— THE TASK —
Take the material below and output exactly the run of lines from the one containing "a ≡ returned b)" down to the one containing "filename src/Dedupe.antt", with both included.

— RECORDS FOR THE EXERCISE —
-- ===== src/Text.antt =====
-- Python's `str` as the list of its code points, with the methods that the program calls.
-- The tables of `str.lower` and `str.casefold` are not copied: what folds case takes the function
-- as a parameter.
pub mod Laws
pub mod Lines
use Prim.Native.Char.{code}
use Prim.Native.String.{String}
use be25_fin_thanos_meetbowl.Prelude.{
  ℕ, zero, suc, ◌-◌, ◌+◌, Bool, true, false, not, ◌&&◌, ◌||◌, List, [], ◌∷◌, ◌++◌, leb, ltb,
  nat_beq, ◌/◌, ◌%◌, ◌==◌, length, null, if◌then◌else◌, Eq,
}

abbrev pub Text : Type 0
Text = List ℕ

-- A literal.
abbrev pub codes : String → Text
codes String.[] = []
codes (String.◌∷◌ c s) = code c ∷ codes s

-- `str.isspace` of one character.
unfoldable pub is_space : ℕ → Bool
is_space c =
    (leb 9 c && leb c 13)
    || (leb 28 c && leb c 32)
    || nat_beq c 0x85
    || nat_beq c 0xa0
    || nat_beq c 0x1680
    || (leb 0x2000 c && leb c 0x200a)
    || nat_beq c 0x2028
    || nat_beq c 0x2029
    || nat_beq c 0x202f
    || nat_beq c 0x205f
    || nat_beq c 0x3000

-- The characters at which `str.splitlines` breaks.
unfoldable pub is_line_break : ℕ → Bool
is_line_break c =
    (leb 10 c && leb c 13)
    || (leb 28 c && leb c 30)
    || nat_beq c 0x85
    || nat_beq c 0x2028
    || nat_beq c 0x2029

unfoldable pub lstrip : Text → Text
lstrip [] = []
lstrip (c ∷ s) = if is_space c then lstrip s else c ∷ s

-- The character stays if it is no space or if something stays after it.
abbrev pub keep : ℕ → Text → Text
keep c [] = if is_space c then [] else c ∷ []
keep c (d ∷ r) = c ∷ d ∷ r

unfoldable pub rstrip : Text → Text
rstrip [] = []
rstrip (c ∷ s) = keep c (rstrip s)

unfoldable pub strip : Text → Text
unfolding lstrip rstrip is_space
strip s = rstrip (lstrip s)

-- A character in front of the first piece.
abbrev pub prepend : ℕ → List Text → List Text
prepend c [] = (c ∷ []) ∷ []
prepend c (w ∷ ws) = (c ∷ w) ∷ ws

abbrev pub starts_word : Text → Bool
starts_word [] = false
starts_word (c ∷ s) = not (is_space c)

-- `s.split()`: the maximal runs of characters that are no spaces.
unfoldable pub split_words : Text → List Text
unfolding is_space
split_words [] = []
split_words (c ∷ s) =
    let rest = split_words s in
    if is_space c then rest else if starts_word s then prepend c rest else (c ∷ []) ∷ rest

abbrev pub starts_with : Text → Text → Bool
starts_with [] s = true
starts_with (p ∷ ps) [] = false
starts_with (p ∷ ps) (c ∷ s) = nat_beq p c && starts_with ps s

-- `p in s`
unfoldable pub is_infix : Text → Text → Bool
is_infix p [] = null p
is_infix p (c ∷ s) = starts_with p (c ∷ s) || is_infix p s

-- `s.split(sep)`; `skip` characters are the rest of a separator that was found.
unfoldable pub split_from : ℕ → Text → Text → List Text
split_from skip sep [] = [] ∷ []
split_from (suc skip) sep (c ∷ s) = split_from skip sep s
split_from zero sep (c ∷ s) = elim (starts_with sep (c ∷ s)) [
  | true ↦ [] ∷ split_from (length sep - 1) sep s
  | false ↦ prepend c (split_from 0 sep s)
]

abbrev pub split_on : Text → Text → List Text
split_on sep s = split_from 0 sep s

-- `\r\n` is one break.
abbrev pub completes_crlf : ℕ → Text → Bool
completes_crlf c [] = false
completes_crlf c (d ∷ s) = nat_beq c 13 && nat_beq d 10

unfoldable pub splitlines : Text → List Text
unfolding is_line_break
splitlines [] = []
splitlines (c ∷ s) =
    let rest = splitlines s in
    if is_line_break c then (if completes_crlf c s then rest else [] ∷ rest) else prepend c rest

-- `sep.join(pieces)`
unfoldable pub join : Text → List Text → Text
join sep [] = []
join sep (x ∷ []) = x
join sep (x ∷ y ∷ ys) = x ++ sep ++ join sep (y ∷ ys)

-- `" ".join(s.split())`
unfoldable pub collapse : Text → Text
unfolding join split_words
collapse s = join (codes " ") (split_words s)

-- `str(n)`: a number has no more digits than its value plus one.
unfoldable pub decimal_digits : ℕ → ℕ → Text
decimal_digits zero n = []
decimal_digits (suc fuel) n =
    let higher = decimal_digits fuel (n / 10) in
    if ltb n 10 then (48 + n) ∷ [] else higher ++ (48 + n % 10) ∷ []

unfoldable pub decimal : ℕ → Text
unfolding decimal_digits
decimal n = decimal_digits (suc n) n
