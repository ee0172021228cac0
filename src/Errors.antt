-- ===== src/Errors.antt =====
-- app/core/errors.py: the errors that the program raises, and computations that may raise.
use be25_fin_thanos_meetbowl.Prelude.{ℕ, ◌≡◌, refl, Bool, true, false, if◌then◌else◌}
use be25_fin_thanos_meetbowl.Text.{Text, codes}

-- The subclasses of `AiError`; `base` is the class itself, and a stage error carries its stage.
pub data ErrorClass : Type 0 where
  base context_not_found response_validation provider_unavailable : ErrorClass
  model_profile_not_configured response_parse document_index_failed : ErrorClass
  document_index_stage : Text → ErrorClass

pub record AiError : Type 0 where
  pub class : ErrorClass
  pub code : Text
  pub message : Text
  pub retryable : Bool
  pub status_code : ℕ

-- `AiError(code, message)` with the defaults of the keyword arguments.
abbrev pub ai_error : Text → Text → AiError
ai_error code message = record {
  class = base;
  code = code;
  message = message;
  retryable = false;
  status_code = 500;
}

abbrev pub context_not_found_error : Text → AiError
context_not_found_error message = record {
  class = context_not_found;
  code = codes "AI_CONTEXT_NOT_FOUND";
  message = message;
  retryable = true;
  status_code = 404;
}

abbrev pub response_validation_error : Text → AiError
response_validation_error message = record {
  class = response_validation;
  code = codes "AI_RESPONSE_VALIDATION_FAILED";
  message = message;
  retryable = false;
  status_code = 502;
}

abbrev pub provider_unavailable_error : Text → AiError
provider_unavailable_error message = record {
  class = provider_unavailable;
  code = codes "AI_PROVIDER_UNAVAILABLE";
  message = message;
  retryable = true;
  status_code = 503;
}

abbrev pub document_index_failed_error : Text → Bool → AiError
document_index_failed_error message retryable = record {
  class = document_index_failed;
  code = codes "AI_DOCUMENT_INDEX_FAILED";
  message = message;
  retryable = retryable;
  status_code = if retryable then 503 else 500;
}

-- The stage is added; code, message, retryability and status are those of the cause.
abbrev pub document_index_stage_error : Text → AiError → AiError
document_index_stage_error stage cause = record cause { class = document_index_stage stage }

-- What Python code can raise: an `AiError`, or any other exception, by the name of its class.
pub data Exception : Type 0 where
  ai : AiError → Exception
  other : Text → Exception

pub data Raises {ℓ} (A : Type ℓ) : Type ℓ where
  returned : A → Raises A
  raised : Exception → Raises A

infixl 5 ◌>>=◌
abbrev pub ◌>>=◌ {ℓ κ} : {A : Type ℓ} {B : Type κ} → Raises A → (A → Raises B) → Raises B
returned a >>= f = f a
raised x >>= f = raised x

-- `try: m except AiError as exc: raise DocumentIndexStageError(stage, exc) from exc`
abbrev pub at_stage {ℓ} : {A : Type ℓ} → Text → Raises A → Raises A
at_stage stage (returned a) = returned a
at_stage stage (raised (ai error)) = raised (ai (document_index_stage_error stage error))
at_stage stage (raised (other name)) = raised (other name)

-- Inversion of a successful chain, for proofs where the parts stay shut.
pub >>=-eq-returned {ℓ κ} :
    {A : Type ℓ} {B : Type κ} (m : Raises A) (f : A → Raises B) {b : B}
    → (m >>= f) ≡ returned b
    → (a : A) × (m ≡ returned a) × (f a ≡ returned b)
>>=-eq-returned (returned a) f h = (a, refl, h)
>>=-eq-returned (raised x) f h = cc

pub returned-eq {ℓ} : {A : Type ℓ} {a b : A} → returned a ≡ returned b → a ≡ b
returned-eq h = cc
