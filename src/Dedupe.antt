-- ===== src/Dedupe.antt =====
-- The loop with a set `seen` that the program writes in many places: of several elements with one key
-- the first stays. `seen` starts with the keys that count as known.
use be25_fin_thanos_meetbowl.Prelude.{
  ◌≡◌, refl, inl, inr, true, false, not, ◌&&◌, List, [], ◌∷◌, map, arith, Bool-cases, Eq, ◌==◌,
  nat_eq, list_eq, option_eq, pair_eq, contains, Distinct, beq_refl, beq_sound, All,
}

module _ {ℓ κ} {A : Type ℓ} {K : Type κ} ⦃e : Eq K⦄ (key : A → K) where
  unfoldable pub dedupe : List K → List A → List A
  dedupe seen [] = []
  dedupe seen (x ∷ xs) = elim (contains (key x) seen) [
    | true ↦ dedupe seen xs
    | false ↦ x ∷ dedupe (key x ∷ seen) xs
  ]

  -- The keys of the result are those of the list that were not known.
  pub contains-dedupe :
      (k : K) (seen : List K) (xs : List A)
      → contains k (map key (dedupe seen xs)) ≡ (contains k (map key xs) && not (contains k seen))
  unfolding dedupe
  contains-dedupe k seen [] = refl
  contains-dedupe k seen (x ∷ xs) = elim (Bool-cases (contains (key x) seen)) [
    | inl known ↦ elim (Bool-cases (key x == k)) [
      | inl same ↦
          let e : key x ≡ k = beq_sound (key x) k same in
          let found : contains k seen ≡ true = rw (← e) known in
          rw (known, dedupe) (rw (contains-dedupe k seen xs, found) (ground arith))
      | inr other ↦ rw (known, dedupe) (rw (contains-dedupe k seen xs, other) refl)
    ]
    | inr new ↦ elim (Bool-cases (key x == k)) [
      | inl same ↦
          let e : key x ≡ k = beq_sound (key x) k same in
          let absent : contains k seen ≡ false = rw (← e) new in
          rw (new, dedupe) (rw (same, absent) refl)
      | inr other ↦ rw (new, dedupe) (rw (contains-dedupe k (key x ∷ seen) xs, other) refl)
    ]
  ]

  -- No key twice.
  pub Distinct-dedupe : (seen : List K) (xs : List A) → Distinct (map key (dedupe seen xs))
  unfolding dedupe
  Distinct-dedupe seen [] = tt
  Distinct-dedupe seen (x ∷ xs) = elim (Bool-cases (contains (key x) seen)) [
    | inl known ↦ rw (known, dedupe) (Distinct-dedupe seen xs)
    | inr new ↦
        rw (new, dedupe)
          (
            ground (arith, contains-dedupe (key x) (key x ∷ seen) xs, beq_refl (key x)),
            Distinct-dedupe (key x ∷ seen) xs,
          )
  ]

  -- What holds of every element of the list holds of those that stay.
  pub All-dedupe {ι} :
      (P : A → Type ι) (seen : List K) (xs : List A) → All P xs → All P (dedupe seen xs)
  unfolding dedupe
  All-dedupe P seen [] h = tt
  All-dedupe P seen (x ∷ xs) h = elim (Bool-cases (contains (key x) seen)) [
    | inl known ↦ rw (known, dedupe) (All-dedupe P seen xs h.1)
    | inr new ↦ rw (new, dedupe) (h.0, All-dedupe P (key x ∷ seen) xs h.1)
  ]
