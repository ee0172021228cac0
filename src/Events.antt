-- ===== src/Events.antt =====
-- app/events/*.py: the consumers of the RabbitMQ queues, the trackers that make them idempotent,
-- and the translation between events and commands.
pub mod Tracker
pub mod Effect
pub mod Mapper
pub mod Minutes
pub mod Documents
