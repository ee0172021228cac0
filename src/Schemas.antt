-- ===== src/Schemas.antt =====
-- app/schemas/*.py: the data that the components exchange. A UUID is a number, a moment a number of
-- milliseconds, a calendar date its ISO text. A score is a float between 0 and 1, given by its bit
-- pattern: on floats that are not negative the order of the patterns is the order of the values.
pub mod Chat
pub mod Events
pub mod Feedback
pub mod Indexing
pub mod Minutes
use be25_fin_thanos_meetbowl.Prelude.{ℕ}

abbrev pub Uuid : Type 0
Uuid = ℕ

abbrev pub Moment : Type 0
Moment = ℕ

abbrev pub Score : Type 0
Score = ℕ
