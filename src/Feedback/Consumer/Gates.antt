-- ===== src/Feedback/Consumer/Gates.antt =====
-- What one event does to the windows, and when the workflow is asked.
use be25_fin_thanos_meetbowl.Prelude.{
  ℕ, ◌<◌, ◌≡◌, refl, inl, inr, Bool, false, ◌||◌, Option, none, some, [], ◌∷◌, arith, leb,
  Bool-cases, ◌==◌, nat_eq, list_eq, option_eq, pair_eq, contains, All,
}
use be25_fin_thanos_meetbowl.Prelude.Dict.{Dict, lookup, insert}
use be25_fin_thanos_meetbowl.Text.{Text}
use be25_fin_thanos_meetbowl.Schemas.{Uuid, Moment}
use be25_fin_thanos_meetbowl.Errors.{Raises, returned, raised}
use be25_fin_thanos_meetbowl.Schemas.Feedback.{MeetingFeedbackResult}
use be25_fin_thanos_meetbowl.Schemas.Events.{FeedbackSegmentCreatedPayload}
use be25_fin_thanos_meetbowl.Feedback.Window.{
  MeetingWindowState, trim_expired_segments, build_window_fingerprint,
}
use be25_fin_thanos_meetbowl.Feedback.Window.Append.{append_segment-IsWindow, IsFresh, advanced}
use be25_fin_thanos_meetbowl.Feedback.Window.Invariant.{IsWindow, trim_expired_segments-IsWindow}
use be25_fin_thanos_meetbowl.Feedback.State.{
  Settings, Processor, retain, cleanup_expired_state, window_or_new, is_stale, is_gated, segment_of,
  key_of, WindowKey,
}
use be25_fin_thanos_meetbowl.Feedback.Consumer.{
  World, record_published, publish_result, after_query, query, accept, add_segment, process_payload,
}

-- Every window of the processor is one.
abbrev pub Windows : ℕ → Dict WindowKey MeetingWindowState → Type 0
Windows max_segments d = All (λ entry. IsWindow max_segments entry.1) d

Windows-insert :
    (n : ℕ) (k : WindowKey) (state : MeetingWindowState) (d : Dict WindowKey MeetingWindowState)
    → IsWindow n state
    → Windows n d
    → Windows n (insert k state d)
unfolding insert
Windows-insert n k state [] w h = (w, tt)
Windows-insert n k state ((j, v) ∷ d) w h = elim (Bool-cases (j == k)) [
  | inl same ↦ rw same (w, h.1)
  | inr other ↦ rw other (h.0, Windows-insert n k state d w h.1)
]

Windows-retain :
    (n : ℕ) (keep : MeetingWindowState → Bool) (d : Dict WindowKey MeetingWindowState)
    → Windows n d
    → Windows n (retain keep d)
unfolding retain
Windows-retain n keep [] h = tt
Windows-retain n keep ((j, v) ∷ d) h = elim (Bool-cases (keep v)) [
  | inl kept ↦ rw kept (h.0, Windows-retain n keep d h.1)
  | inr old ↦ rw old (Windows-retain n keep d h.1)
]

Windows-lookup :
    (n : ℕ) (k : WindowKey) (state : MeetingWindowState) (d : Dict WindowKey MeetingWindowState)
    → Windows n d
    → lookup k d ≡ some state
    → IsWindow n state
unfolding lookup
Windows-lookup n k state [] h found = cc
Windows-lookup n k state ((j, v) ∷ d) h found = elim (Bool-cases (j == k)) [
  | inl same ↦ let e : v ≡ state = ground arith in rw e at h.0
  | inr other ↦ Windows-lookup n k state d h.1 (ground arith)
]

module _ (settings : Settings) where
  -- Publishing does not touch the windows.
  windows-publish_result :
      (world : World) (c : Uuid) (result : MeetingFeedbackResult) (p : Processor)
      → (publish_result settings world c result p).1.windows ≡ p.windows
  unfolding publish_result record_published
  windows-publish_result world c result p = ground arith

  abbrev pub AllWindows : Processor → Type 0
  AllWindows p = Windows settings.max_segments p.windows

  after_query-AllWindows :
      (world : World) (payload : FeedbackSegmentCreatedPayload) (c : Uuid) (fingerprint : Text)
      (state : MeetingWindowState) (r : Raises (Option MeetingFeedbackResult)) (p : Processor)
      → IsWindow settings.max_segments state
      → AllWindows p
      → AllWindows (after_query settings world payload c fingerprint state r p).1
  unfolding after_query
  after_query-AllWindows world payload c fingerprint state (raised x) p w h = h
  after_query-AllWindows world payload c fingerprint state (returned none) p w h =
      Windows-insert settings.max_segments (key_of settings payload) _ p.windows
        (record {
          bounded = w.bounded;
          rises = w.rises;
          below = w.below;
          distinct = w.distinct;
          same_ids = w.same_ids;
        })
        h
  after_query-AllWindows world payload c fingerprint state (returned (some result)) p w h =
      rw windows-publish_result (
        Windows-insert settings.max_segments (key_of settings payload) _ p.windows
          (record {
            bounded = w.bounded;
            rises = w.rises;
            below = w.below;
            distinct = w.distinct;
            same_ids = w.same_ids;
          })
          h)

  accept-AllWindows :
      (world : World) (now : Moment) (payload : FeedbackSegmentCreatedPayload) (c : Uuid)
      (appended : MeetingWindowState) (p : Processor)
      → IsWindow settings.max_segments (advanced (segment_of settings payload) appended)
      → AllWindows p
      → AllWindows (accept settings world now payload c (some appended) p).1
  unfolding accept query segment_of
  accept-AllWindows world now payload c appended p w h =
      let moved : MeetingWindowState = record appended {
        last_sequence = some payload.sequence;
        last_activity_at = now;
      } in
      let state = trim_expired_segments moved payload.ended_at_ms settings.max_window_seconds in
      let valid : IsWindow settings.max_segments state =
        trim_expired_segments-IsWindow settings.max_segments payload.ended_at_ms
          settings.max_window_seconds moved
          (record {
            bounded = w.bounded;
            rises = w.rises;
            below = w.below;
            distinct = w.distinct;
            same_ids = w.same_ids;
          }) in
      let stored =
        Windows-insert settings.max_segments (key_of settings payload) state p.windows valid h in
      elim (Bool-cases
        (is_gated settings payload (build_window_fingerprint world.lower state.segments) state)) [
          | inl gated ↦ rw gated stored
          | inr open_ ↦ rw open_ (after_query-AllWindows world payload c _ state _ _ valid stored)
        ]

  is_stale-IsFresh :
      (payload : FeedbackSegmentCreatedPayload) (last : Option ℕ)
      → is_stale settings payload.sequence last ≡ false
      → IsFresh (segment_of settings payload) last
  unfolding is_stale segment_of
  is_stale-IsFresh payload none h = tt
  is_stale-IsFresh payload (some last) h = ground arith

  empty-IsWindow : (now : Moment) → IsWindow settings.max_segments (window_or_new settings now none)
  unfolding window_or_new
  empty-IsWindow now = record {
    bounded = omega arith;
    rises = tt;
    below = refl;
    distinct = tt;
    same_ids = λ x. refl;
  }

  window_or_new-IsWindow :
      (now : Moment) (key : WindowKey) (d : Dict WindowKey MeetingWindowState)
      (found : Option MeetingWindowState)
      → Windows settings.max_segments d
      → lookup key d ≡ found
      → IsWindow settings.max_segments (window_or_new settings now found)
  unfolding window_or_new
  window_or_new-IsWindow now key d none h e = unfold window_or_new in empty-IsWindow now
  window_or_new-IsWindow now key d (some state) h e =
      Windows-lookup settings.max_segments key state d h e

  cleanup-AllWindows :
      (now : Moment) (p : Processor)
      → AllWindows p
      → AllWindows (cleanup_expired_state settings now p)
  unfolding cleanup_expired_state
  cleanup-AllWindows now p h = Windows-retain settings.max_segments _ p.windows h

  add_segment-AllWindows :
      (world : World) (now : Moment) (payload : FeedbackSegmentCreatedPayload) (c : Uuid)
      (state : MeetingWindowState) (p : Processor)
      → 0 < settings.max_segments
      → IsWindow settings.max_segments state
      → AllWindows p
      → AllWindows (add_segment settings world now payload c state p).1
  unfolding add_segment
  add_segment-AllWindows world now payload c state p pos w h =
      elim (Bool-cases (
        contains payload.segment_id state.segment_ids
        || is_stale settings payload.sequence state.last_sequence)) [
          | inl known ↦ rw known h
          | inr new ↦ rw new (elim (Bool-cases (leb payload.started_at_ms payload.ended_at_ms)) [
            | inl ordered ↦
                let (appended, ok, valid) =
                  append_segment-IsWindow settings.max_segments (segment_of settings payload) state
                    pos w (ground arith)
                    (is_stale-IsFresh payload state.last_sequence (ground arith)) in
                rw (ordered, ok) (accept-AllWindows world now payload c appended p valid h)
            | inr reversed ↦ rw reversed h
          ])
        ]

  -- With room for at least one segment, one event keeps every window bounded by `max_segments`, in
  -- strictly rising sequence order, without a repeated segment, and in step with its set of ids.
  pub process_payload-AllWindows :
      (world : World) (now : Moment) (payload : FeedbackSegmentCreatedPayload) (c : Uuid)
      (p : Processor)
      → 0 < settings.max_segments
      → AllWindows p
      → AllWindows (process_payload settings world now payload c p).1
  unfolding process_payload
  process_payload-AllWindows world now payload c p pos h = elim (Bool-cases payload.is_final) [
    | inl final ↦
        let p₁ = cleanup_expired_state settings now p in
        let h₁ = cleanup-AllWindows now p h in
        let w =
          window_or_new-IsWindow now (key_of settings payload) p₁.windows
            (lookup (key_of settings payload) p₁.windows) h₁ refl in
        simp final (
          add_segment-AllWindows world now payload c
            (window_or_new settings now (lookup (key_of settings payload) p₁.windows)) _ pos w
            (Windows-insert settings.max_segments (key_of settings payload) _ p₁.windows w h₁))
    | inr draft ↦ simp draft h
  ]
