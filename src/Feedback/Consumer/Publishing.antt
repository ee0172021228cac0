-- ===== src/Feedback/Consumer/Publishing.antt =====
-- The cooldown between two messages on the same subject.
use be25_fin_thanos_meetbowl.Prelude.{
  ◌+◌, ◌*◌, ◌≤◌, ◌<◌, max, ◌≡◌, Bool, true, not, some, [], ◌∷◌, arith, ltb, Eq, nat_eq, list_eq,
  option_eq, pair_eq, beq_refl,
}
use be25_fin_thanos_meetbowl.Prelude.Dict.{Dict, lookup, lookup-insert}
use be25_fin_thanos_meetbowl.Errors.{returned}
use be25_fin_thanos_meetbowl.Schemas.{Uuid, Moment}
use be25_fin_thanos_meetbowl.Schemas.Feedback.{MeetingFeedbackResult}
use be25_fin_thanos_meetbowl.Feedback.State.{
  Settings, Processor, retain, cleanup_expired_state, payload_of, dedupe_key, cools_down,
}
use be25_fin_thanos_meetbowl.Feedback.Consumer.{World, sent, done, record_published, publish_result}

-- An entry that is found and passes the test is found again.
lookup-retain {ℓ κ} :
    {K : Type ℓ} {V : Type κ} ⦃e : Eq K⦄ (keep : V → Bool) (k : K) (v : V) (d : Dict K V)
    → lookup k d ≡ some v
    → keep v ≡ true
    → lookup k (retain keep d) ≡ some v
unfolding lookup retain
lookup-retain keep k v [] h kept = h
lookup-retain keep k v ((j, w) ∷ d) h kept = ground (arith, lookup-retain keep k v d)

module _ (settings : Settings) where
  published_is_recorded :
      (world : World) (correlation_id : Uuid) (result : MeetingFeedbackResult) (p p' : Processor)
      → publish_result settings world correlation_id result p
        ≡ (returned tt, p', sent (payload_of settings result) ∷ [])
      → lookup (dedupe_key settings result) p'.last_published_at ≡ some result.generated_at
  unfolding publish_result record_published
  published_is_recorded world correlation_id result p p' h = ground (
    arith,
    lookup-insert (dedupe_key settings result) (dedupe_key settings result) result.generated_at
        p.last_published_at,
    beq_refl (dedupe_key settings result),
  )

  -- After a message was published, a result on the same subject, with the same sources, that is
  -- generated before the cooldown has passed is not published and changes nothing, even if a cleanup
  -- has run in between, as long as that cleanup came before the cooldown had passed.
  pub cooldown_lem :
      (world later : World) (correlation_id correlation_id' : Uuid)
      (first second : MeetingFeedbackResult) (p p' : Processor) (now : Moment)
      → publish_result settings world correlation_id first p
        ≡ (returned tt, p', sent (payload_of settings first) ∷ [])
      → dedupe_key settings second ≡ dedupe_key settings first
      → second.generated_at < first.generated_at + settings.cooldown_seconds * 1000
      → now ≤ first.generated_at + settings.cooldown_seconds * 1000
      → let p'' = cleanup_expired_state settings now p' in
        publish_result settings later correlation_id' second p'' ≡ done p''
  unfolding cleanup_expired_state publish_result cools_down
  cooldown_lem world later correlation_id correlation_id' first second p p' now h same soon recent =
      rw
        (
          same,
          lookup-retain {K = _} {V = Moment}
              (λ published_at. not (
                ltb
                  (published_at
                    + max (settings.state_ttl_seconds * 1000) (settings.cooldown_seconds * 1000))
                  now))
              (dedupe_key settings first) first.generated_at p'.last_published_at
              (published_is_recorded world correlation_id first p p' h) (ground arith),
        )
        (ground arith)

— ANSWER FOR THIS EXERCISE —
    → (a : A) × (m ≡ returned a) × (f a ≡ returned b)
>>=-eq-returned (returned a) f h = (a, refl, h)
>>=-eq-returned (raised x) f h = cc

pub returned-eq {ℓ} : {A : Type ℓ} {a b : A} → returned a ≡ returned b → a ≡ b
returned-eq h = cc
filename src/Dedupe.antt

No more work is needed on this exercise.